Machine learning methodology - predicting pharmaceutical market response to clinical trial releases
Pharmaceutical companies function inside a tightly controlled and exceedingly precarious setting, where even a minor mistake can result in significant financial consequences. Consequently, the public constantly monitors the announcements of clinical trial results as they have a significant impact on future occurrences.
The majority of studies concentrate on analyzing the impact of announcements on business stock prices after they have occurred, without taking into account the problem from a predictive perspective. The objective of this study is to address this discrepancy by presenting a framework that enables the prediction of the specific numerical values of stock price fluctuations caused by announcements. Indeed, the issue at hand pertains to accurately forecasting the influence of a particular occurrence on the associated sequence of data across time.
This platform incorporates a BERT model to extract the sentiment polarity of announcements, a Temporal Fusion Transformer for forecasting the expected return, a graph convolution network to capture event linkages, and gradient boosting for predicting price changes. We process the vast dataset from the Food and Drug Administration (FDA), which is one of the largest in terms of size. This dataset comprises 5436 clinical trial releases, originating from 681 distinct firms, covering the period from 2018 to 2022. Throughout the study, we have obtained numerous significant results and specific insights within the domain. Firstly, we gather statistical evidence to determine the impact of publicizing clinical results on the market value of pharmaceutical companies. Furthermore, we observe distinct patterns of responses to positive and negative announcements, evident in a more intense and noticeable reaction to poor clinical news.

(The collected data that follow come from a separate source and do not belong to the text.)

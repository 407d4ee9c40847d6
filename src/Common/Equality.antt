-- ===== src/Common/Equality.antt =====
-- Equality tests as an interface: `===` on numbers, on identifiers and on texts.
use Prim.Native.Nat.{ℕ}
use Prim.Native.String.{String}
use mathlib.Core.Path.{◌≡◌, refl}
use mathlib.Core.Logic.{◌↔◌}
use mathlib.Core.Bool.{Bool, true, false, not, ◌&&◌, ◌||◌}
use mathlib.Core.List.{List, [], ◌∷◌, ◌++◌}
use native.Mathlib.Omega.{arith}
use text.Mathlib.Text.{◌==◌ as str_eq}
use text.Mathlib.TextEquality.{eq_iff}
use adaptive_hire_exam_platf.Common.Tests.{nat_beq, nat_beq_iff, if◌then◌else◌}

pub record Eq {ℓ} (V : Type ℓ) : Type ℓ where
  pub same : V → V → Bool
  pub same_iff : (v w : V) → (same v w ≡ true) ↔ (v ≡ w)

module _ {ℓ} {V : Type ℓ} ⦃e : Eq V⦄ where
  infix 50 ◌==◌
  abbrev pub ◌==◌ : V → V → Bool
  ◌==◌ = e.same

  pub ==_refl : (v : V) → (v == v) ≡ true
  ==_refl v = (e.same_iff v v).1 refl

instance abbrev pub string_eq : Eq String
string_eq = record { same_iff = eq_iff; same = str_eq }

instance abbrev pub nat_eq : Eq ℕ
nat_eq = record { same_iff = nat_beq_iff; same = nat_beq }

pub ==_flip : (a b : ℕ) → (b == a) ≡ (a == b)
==_flip a b = ground (arith, nat_eq.same_iff a b, nat_eq.same_iff b a)

-- `xs.includes(a)`, `new Set(xs)` in insertion order, and `set.delete(a)`.
module _ {ℓ} {A : Type ℓ} ⦃e : Eq A⦄ where
  unfoldable pub includes : A → List A → Bool
  includes a [] = false
  includes a (x ∷ xs) = a == x || includes a xs

  unfoldable pub delete : A → List A → List A
  delete a [] = []
  delete a (x ∷ xs) = if a == x then delete a xs else x ∷ delete a xs

  unfoldable pub distinct : List A → List A
  unfolding delete
  distinct [] = []
  distinct (x ∷ xs) = x ∷ delete x (distinct xs)

  pub includes-append :
      (a : A) (xs ys : List A) → includes a (xs ++ ys) ≡ (includes a xs || includes a ys)
  unfolding includes
  includes-append a [] ys = refl
  includes-append a (x ∷ xs) ys = ground (arith, includes-append a xs ys)

  pub includes-delete :
      (a b : A) (xs : List A) → includes a (delete b xs) ≡ (not (b == a) && includes a xs)
  unfolding includes delete
  includes-delete a b [] = ground arith
  includes-delete a b (x ∷ xs) =
      ground (arith, includes-delete a b xs, e.same_iff a x, e.same_iff b x, e.same_iff b a)

  pub includes-distinct : (a : A) (xs : List A) → includes a (distinct xs) ≡ includes a xs
  unfolding includes distinct
  includes-distinct a [] = refl
  includes-distinct a (x ∷ xs) = ground (
    arith,
    includes-distinct a xs,
    includes-delete a x (distinct xs),
    e.same_iff a x,
    e.same_iff x a,
  )
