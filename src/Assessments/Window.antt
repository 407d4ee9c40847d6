-- ===== src/Assessments/Window.antt =====
-- backend/src/assessments/assessment-window.ts: when a candidate may sit an assessment.
-- Dates are epoch milliseconds; a null bound is `none`.
pub mod Laws
use adaptive_hire_exam_platf.Common.{ℕ, Option, none, some, Bool, false, ltb, if◌then◌else◌}

pub record Window : Type 0 where
  pub opens_at : Option ℕ
  pub closes_at : Option ℕ

pub data WindowState : Type 0 where
  open_now not_yet closed : WindowState

-- `a ?? b`
abbrev pub or_else {ℓ} : {A : Type ℓ} → Option A → Option A → Option A
or_else none b = b
or_else (some a) b = some a

-- `bound && test(bound)`, where a missing bound passes no test.
abbrev pub holds_of : Option ℕ → (ℕ → Bool) → Bool
holds_of none test = false
holds_of (some t) test = test t

-- The first argument is the assessment's window, the second the invitation's override.
unfoldable pub effective_window : Window → Window → Window
effective_window assessment invitation = record {
  opens_at = or_else invitation.opens_at assessment.opens_at;
  closes_at = or_else invitation.closes_at assessment.closes_at;
}

unfoldable pub window_state : Window → ℕ → WindowState
window_state window now =
    if holds_of window.opens_at (λ t. ltb now t)
    then not_yet
    else if holds_of window.closes_at (λ t. ltb t now)
    then closed
    else open_now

Additionally, we identify two significant factors that are essential in a predictive framework: the size of the company's drug portfolio, which indicates a higher vulnerability to announcements when there is limited diversification among drug products, and the impact of the announcement network, which enhances predictive accuracy by leveraging the interconnections between events within the same company or medical field. Ultimately, we demonstrate the effectiveness of the forecast configuration by achieving scores that are mostly over 0.7 when classifying price changes using historical data. We prioritize the applicability and universality of the established framework to additional datasets and domains, contingent upon the existence of two crucial components: events and their corresponding time series.

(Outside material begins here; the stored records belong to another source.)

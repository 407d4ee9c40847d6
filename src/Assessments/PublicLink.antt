-- ===== src/Assessments/PublicLink.antt =====
-- backend/src/assessments/public-link.ts: whether a public link admits anyone. Tokens are hashed by
-- the runtime's library; the hash is a text here.
pub mod Admission
use adaptive_hire_exam_platf.Common.{
  ℕ, Option, none, some, List, [], ◌∷◌, Bool, true, false, not, String, ltb, leb, if◌then◌else◌,
}
use adaptive_hire_exam_platf.Common.Equality.{◌==◌, string_eq}
use adaptive_hire_exam_platf.Assessments.Window.{holds_of}

pub data PublicLinkState : Type 0 where
  link_open not_configured disabled expired not_yet full : PublicLinkState

pub record PublicLinkConfig : Type 0 where
  pub token_hash : Option String
  pub enabled : Bool
  pub expires_at : Option ℕ
  pub max_attempts : Option ℕ
  -- The assessment's own window.
  pub opens_at : Option ℕ
  pub closes_at : Option ℕ

-- `!config.publicLinkTokenHash`
abbrev pub is_missing : Option String → Bool
is_missing none = true
is_missing (some hash) = hash == ""

unfoldable pub public_link_state : PublicLinkConfig → ℕ → ℕ → PublicLinkState
public_link_state config attempt_count now =
    if is_missing config.token_hash
    then not_configured
    else if not config.enabled
    then disabled
    else if holds_of config.opens_at (λ t. ltb now t)
    then not_yet
    else if holds_of config.closes_at (λ t. leb t now)
    then expired
    else if holds_of config.expires_at (λ t. leb t now)
    then expired
    else if holds_of config.max_attempts (λ cap. leb cap attempt_count)
    then full
    else link_open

Extracting sentiment polarity from clinical releases. The detection of emotion polarity is crucial in predicting the market value change caused by a public clinical statement. We focus on three distinct polarity categories: the collection of positive announcements , the collection of negative announcements, and lastly, the collection of neutral announcements.
In accordance with the widely accepted approach in machine learning, we want to create a feature space that contains valuable information from multiple data sources in order to get a high-quality predicted solution. Within our framework, the feature space is characterized as a collection of parameters that influence the fluctuation in stock price subsequent to the occurrence of an announcement. Therefore, we create novel characteristics that pertain to either the market, company, or announcement areas. Market and company features encompass the commerce and financial aspects of the company's operations. The announcement includes sentiment polarity and qualities connected to the medical field.